I'm looking forward to our next trip to the States, but my wife has left her very well paying job and times are hard. Maybe I could give up drinking and smoking, eating out, my jeep....
Lloydy ;)
 
You telling me not to love my uncle is very easy, but me feeling that way is another matter....I guess i do not love him now, but i remember how deeply i loved him for my entire childhood, i guess until i spent a weekend with him when i was 15.....i'm pretty sure he raped me that weekend....even thinking about him coming into the bathroom when he knew i was taking a shower, sends cold shivers down my spine.....i've blacked out everything from him entering the room......a few days after i returned home i began sleep-walking and attempted suicide the first time a few weeks later.....but i remember the feelings of love, of adoration i had for my uncle....i actually had forgotten the depth of my feelings for him, but i will never forget now......i know i still care for him even now......i have not seen him in 7-8 years and will probably never see him again......but in many ways, i just kind of pity him.......i realize that if he did those things to me, something similar probably happened to him......all i know is that i could have very easily become a perpetrator back when i was a teenager if not for my inner strength of knowing it was wrong to do that to a little boy, but i was very tempted and came very close......i guess even though i'm not certain i believe in god, i have to thank him for giving me the strength not to abuse that little boy back then.........michaelb
 
Michael
I've been reminded just how close we come to becoming perp's ourselves by a tv programe that had an interview with a pedo, it's scary !!
But that inner strength you talk about must have guided us somehow, and I bet it still does, we've gotten this far haven't we ! :)
Lloydy
 
Michael...

Every minute you are able to fight against an impulse, every day you are able to go on is a victory against your abuser.

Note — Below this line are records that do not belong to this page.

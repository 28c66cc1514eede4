-- ===== src/Storage/Tests.antt =====
-- The theorems on the storage at small tables, with times that are printed as one character.
use asset_discovery.Asset.Identity.{generate_asset_id, mac_string}
use asset_discovery.Asset.Lifecycle.Load.{SnapshotLaw}
use asset_discovery.Asset.Shard.Locked.{HydratorLaw}
use asset_discovery.Asset.Tests.{entry, laptop, laptop_mac}
use asset_discovery.Asset.Types.{AssetSnapshot, snapshot}
use asset_discovery.Prelude.{
  All, All-append, All-take, Bool, Bool-cases, Gives, List, Option, Option-cases, [], ap, arith,
  drop, false, get_elem?, if◌then◌else◌, inl, inr, leb, leb→le, length, length-append, length-drop,
  length-take, lt→ltb, ltb, ltb→lt, map, none, not, refl, some, suc, sym, take, take-append-drop,
  true, zero, ==_iff, ℕ, ◌%◌, ◌&&◌, ◌*◌, ◌++◌, ◌+◌, ◌-◌, ◌/◌, ◌<◌, ◌==◌, ◌^◌, ◌||◌, ◌↔◌, ◌∙◌, ◌∷◌,
  ◌≡◌, ◌≢◌, ◌≤◌, ◌⊎◌,
}
use asset_discovery.Prelude.Map.{lookup}
use asset_discovery.Prelude.Text.{Text, is_empty, text, text_eq_refl}
use asset_discovery.Prelude.Time.{Time, pos, second}
use asset_discovery.Storage.{AssetRow, Codec, Tables, conflict_asset, empty_tables}
use asset_discovery.Storage.Laws.{DbLaw, Fails, SavedLaw, execute_all, save_batch_atomic}
use asset_discovery.Storage.Laws.Clean.{Clean, CodecLaw, Fresh, SameAsset}
use asset_discovery.Storage.Laws.Conflict.{KeptIn, save_batch-Kept}
use asset_discovery.Storage.Laws.Fractions.{NanoLaw, fraction, later_sighting_unsaved}
use asset_discovery.Storage.{parse_time_str, time_fmt}
use asset_discovery.Storage.Laws.Hydrate.{IfSome, save_batch-Hydrates}
use asset_discovery.Storage.Laws.RoundTrip.{save_batch-load_asset_by_mac}
use asset_discovery.Storage.Load.{LoadOptions, load_asset_by_mac, load_assets}
use asset_discovery.Storage.Mac.{parse_mac}
use asset_discovery.Storage.Save.{asset_row, batch_statements, save_batch}

abbrev first_or_zero : Text → Time
first_or_zero [] = 0
first_or_zero (c ∷ s) = c

abbrev pub codec : Codec
codec = record {
  format_time = λ t. t ∷ [];
  parse_time = first_or_zero;
  marshal = λ m. text "{}";
  unmarshal = λ s. [];
  like = λ p s. false;
}

codec-CodecLaw : CodecLaw codec
unfolding is_empty
codec-CodecLaw = record { printed = λ t h. refl; parsed = λ t h. refl }

-- The laptop with an address, and with the same host name twice.
abbrev pub stored : AssetSnapshot
stored = record (snapshot laptop) {
  ipv4s = (text "10.0.0.7", record (entry 10) { lease = pos (3600 * second) }) ∷ [];
  hostnames = text "laptop" ∷ [] ∷ text "laptop" ∷ [];
}

abbrev pub no_failure : ℕ → Bool
no_failure n = false

-- The second statement of a batch fails.
abbrev third_call_fails : ℕ → Bool
third_call_fails n = n == 2

abbrev options : LoadOptions
options = record { since = 5; limit = 1 }

dotted : parse_mac (text "0211.2233.4455") ≡ laptop_mac
unfolding parse_mac asset_discovery.Storage.Mac.dotted_bytes asset_discovery.Storage.Mac.hex_value
dotted = refl

too_short : parse_mac (text "02:11:22:33:44") ≡ []
unfolding parse_mac asset_discovery.Storage.Mac.paired_bytes asset_discovery.Storage.Mac.hex_value
too_short = refl

pub stored-SavedLaw : SavedLaw stored
unfolding snapshot
stored-SavedLaw = record {
  law = refl;
  hardware = record {
    size = refl;
    bytes = (
      omega arith,
      (omega arith, (omega arith, (omega arith, (omega arith, (omega arith, tt))))),
    );
  };
}

stored-Clean : Clean codec stored
unfolding snapshot lookup asset_discovery.Storage.Laws.Clean.keyed
    asset_discovery.Storage.read_extra asset_discovery.Storage.extra_column
    asset_discovery.Prelude.Text.is_empty
stored-Clean = record {
  ipv4s_map = (refl, tt);
  ipv6s_map = tt;
  ips_apart = λ ip. inr refl;
  ipv4s_clean = (
    record {
      seconds = 3600;
      lease_whole = refl;
      lease_fits = omega arith;
      first_printable = omega arith;
      last_printable = omega arith;
    },
    tt,
  );
  ipv6s_clean = tt;
  services_map = (refl, tt);
  services_clean =
      (record { server = refl; named = refl; dated = refl; printable = omega arith }, tt);
  extra_read = refl;
  first_printable = omega arith;
  last_printable = omega arith;
}

save_batch_atomic_example :
    (save_batch codec third_call_fails empty_tables (stored ∷ [])
      ≡ (execute_all (batch_statements codec (stored ∷ [])) empty_tables, true))
    ⊎ ((save_batch codec third_call_fails empty_tables (stored ∷ []) ≡ (empty_tables, false))
        × Fails third_call_fails (1 + length (batch_statements codec (stored ∷ []))))
save_batch_atomic_example = save_batch_atomic codec third_call_fails empty_tables (stored ∷ [])

save_batch-Hydrates_example :
    let t' = (save_batch codec no_failure empty_tables (stored ∷ [])).0 in
    DbLaw t'
    × HydratorLaw (some (load_asset_by_mac codec no_failure t'))
    × IfSome (All SnapshotLaw) (load_assets codec no_failure options t')
save_batch-Hydrates_example =
    save_batch-Hydrates codec no_failure no_failure options empty_tables (stored ∷ []) tt
      (stored-SavedLaw, tt)

save_batch-load_asset_by_mac_example : Gives (SameAsset stored) (
    load_asset_by_mac codec no_failure
      (save_batch codec no_failure empty_tables (stored ∷ [])).0
      (mac_string stored.mac))
unfolding lookup asset_discovery.Storage.rows_of save_batch asset_discovery.Prelude.Text.is_empty
    asset_discovery.Storage.Save.run_statements asset_discovery.Storage.Save.finish_tx
    asset_discovery.Storage.Save.batch_statements snapshot
save_batch-load_asset_by_mac_example =
    save_batch-load_asset_by_mac codec no_failure no_failure empty_tables stored codec-CodecLaw
      (λ n. refl) tt (record { assets = refl; ips = refl; hostnames = refl; services = refl })
      stored-SavedLaw stored-Clean refl

abbrev pub stored_row : AssetRow
stored_row = record {
  status = asset_discovery.Asset.Types.online;
  mac = text "02:11:22:33:44:55";
  mac_vendor = text "Nokia";
  device_type = [];
  model = [];
  os = [];
  extra_json = none;
  first_seen = text "2024-05-01T10:00:00Z";
  last_seen = text "2024-05-01T10:00:05Z";
  seen_count = 3;
}

abbrev pub table_of_one : Tables
table_of_one = record empty_tables { assets = (generate_asset_id laptop_mac, stored_row) ∷ [] }

save_batch-Kept_example : KeptIn stored_row (
    lookup
      (generate_asset_id laptop_mac)
      (save_batch codec no_failure table_of_one (stored ∷ [])).0.assets)
save_batch-Kept_example =
    save_batch-Kept codec no_failure table_of_one (stored ∷ []) (generate_asset_id laptop_mac)
      stored_row (unfold lookup in rw (text_eq_refl (generate_asset_id laptop_mac)) refl)

-- A codec that prints the second as one byte, and the fraction as RFC3339Nano does.
abbrev nano_codec : Codec
nano_codec = record codec {
  format_time = λ u. (u / second) ∷ (fraction (u % second) ++ text "Z");
  parse_time = λ s. first_or_zero s * second;
}

nano_codec-NanoLaw : NanoLaw nano_codec
unfolding parse_time_str is_empty
nano_codec-NanoLaw = record {
  print_second = λ n. n ∷ [];
  printed = λ u h. refl;
  parsed = λ n h. omega arith;
}

-- A quarter of a second after the saved sighting.
abbrev later : AssetSnapshot
later = record stored { last_seen = 5_250_000_000 }

abbrev saved_at_five : AssetRow
saved_at_five = record stored_row { last_seen = time_fmt nano_codec (5 * second) }

abbrev table_at_five : Tables
table_at_five = record empty_tables { assets = (stored.id, saved_at_five) ∷ [] }

quarter : fraction 250_000_000 ≡ text ".25"
unfolding fraction is_empty
quarter = refl

is_committed : (save_batch nano_codec no_failure table_at_five (later ∷ [])).1 ≡ true
unfolding save_batch is_empty snapshot asset_discovery.Storage.Save.run_statements
    asset_discovery.Storage.Save.finish_tx batch_statements
is_committed = refl

later_sighting_unsaved_example :
    Gives
      (λ row. parse_time_str nano_codec row.last_seen ≡ 5 * second)
      (lookup stored.id (save_batch nano_codec no_failure table_at_five (later ∷ [])).0.assets)
later_sighting_unsaved_example =
    later_sighting_unsaved nano_codec no_failure table_at_five later saved_at_five 5
      nano_codec-NanoLaw (unfold lookup in rw (text_eq_refl stored.id) refl) refl (omega arith)
      (omega arith) (omega arith) (omega arith)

I can totally understand the mixed feelings regarding love and blame. I asked my sister for my abuse, ultimately, and when she stopped, I didn't want to stop. I loved her and if she loved me, why would she stop showing it? But, you see, she was older and IN CHARGE OF ME, I was her responsibility. She knew it was wrong, and to aleviate her own guilt, she manipulated the situation so I would seem at least at guilty as she was.

Even as I write, I start to fall back into language that seems like it almost shares the guilt.

I hope you can see in my case, as I can in yours, that the perp is the problem, and the perp USED the guise of love to satisfy their own manipulative, thoughtless acts of torture.